--- Task brief ---
Begin with the first line of the entries below. Copy each line exactly, stopping after the one that contains "fill-ChildrenMeasured (left_of x".

>>>

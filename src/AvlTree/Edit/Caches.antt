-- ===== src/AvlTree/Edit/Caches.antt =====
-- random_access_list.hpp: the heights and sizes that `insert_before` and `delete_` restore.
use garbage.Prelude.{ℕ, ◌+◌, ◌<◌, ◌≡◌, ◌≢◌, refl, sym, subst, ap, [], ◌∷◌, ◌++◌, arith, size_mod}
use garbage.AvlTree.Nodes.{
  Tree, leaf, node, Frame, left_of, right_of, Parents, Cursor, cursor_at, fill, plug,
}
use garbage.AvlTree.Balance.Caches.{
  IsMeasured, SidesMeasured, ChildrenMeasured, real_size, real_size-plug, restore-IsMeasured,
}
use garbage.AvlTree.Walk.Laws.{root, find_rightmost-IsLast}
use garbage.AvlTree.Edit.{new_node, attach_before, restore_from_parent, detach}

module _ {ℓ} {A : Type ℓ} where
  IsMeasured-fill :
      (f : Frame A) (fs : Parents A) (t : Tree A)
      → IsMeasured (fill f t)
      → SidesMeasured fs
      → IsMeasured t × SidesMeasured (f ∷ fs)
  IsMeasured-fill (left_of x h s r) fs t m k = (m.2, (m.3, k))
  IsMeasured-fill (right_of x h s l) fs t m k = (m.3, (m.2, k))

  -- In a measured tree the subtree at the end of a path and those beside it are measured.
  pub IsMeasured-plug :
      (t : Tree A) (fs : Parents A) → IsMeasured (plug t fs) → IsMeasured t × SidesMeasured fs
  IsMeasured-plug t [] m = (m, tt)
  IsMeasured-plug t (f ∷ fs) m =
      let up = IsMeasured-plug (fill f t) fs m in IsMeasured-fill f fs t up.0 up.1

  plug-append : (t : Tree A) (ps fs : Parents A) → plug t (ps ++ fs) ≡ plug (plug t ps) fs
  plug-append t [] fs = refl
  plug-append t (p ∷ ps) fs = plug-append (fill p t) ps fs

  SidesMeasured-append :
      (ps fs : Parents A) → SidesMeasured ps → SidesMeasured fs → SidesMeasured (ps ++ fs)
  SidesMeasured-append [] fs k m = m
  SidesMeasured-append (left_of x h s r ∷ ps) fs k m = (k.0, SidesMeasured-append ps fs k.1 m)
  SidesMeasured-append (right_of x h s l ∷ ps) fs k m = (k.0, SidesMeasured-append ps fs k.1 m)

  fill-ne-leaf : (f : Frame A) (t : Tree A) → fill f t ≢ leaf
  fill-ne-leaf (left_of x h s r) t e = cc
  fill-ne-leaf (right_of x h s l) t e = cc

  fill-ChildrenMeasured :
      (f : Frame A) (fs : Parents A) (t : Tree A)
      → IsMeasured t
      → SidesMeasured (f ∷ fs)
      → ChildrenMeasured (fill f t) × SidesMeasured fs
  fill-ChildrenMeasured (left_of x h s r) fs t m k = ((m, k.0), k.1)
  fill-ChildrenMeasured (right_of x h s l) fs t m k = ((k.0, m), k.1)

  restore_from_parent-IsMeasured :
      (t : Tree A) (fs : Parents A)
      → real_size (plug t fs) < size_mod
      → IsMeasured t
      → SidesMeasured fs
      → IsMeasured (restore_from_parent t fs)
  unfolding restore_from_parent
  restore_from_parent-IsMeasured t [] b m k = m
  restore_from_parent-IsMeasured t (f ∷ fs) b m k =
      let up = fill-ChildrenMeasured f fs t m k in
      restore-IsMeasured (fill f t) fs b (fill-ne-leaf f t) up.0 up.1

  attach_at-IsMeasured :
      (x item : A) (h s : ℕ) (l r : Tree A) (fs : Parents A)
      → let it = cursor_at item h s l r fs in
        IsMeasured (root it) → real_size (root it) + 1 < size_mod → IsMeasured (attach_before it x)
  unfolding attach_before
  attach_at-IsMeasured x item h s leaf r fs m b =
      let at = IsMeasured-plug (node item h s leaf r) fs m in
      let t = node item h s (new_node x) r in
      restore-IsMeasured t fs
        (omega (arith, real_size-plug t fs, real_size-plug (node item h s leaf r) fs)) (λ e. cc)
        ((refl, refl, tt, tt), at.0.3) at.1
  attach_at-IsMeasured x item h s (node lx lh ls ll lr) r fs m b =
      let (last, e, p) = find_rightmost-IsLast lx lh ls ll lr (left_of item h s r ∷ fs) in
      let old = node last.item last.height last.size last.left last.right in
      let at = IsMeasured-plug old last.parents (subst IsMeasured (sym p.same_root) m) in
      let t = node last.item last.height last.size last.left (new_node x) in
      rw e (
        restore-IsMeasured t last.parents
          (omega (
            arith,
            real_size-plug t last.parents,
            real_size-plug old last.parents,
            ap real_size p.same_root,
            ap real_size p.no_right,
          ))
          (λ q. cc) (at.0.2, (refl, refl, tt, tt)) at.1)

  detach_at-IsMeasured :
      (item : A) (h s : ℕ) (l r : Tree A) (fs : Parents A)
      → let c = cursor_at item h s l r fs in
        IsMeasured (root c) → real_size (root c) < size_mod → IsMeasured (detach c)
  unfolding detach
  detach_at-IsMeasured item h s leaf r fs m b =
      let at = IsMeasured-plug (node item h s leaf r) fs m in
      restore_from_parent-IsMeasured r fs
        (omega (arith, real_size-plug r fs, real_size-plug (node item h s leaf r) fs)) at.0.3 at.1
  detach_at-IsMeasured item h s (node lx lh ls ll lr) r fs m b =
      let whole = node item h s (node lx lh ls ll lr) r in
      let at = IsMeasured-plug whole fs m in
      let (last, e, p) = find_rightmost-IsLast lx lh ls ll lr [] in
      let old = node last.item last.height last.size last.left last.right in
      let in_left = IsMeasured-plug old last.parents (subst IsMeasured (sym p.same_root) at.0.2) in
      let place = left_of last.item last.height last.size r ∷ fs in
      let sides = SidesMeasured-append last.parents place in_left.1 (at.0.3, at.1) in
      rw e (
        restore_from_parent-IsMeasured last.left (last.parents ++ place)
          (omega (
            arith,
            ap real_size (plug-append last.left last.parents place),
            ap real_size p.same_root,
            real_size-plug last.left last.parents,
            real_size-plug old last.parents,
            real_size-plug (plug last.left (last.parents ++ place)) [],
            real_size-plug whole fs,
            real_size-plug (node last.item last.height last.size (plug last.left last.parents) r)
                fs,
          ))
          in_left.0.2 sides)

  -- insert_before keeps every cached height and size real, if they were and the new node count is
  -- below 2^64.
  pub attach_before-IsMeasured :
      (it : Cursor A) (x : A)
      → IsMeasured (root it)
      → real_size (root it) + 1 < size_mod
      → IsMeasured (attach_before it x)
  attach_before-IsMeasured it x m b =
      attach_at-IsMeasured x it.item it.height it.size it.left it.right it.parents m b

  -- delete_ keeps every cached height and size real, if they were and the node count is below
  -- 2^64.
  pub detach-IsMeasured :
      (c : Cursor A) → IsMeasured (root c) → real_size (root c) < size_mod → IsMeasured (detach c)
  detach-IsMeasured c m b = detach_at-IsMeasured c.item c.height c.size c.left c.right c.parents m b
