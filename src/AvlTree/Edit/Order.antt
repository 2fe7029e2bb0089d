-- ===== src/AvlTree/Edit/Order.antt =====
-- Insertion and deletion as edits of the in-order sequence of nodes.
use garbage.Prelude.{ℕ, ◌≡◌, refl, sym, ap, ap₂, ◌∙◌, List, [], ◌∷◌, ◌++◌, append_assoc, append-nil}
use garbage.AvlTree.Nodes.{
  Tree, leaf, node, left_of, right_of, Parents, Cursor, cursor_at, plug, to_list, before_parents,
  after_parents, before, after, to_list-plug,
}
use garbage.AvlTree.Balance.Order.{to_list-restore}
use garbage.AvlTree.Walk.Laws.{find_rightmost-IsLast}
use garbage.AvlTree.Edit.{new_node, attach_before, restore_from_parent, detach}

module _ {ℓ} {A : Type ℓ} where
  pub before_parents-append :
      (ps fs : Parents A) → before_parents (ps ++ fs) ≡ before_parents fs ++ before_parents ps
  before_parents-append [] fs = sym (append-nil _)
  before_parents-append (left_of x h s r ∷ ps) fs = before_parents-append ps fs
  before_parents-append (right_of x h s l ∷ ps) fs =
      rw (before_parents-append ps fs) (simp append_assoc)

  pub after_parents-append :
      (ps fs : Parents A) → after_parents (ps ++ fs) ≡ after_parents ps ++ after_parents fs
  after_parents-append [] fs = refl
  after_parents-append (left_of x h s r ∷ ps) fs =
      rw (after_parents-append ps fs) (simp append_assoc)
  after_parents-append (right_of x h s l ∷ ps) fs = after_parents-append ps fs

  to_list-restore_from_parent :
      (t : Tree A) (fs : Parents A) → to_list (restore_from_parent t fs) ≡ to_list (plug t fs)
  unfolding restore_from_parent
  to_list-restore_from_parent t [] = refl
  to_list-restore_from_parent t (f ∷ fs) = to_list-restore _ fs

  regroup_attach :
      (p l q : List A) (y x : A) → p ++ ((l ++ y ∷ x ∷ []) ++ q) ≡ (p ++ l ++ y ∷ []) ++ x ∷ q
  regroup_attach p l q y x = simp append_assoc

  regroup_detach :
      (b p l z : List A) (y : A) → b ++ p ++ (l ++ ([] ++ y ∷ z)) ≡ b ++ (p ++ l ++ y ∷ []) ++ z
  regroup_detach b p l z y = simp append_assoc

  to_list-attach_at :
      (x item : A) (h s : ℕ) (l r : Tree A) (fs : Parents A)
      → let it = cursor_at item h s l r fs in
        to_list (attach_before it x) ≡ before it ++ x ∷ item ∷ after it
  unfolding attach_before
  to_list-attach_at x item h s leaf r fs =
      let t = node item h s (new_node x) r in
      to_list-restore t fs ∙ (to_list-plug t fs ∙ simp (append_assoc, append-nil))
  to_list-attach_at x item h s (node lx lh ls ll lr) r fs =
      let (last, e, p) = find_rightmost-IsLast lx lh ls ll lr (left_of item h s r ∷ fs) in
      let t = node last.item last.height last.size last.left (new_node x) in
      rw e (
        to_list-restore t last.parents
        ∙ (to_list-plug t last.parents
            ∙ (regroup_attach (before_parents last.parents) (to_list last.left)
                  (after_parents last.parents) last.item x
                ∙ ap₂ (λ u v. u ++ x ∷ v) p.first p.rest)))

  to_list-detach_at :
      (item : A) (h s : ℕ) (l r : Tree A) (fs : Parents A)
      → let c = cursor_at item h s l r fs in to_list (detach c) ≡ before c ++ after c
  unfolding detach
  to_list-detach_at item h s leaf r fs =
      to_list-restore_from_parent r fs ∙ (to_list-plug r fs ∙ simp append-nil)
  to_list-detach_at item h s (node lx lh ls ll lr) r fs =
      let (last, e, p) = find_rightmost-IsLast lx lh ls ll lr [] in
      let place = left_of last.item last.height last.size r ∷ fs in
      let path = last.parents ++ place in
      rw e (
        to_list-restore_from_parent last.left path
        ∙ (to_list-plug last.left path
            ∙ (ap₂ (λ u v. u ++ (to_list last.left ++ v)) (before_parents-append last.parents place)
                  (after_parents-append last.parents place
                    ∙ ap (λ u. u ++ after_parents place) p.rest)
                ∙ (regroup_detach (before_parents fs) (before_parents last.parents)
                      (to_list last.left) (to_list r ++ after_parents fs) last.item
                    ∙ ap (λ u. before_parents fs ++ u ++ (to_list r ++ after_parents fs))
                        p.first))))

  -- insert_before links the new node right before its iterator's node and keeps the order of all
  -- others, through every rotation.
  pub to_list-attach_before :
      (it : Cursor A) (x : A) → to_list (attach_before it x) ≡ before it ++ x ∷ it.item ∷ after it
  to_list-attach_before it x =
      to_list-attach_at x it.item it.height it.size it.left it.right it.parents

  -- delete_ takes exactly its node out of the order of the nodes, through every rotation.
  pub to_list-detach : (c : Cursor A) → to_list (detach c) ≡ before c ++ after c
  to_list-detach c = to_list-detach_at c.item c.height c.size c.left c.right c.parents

<<<

--- Finished exercise ---
filename src/AvlTree/Edit/Caches.antt
-- ===== src/AvlTree/Edit/Caches.antt =====
-- random_access_list.hpp: the heights and sizes that `insert_before` and `delete_` restore.
use garbage.Prelude.{ℕ, ◌+◌, ◌<◌, ◌≡◌, ◌≢◌, refl, sym, subst, ap, [], ◌∷◌, ◌++◌, arith, size_mod}
use garbage.AvlTree.Nodes.{
  Tree, leaf, node, Frame, left_of, right_of, Parents, Cursor, cursor_at, fill, plug,
}
use garbage.AvlTree.Balance.Caches.{
  IsMeasured, SidesMeasured, ChildrenMeasured, real_size, real_size-plug, restore-IsMeasured,
}
use garbage.AvlTree.Walk.Laws.{root, find_rightmost-IsLast}
use garbage.AvlTree.Edit.{new_node, attach_before, restore_from_parent, detach}

module _ {ℓ} {A : Type ℓ} where
  IsMeasured-fill :
      (f : Frame A) (fs : Parents A) (t : Tree A)
      → IsMeasured (fill f t)
      → SidesMeasured fs
      → IsMeasured t × SidesMeasured (f ∷ fs)
  IsMeasured-fill (left_of x h s r) fs t m k = (m.2, (m.3, k))
  IsMeasured-fill (right_of x h s l) fs t m k = (m.3, (m.2, k))

  -- In a measured tree the subtree at the end of a path and those beside it are measured.
  pub IsMeasured-plug :
      (t : Tree A) (fs : Parents A) → IsMeasured (plug t fs) → IsMeasured t × SidesMeasured fs
  IsMeasured-plug t [] m = (m, tt)
  IsMeasured-plug t (f ∷ fs) m =
      let up = IsMeasured-plug (fill f t) fs m in IsMeasured-fill f fs t up.0 up.1

  plug-append : (t : Tree A) (ps fs : Parents A) → plug t (ps ++ fs) ≡ plug (plug t ps) fs
  plug-append t [] fs = refl
  plug-append t (p ∷ ps) fs = plug-append (fill p t) ps fs

  SidesMeasured-append :
      (ps fs : Parents A) → SidesMeasured ps → SidesMeasured fs → SidesMeasured (ps ++ fs)
  SidesMeasured-append [] fs k m = m
  SidesMeasured-append (left_of x h s r ∷ ps) fs k m = (k.0, SidesMeasured-append ps fs k.1 m)
  SidesMeasured-append (right_of x h s l ∷ ps) fs k m = (k.0, SidesMeasured-append ps fs k.1 m)

  fill-ne-leaf : (f : Frame A) (t : Tree A) → fill f t ≢ leaf
  fill-ne-leaf (left_of x h s r) t e = cc
  fill-ne-leaf (right_of x h s l) t e = cc

  fill-ChildrenMeasured :
      (f : Frame A) (fs : Parents A) (t : Tree A)
      → IsMeasured t
      → SidesMeasured (f ∷ fs)
      → ChildrenMeasured (fill f t) × SidesMeasured fs
  fill-ChildrenMeasured (left_of x h s r) fs t m k = ((m, k.0), k.1)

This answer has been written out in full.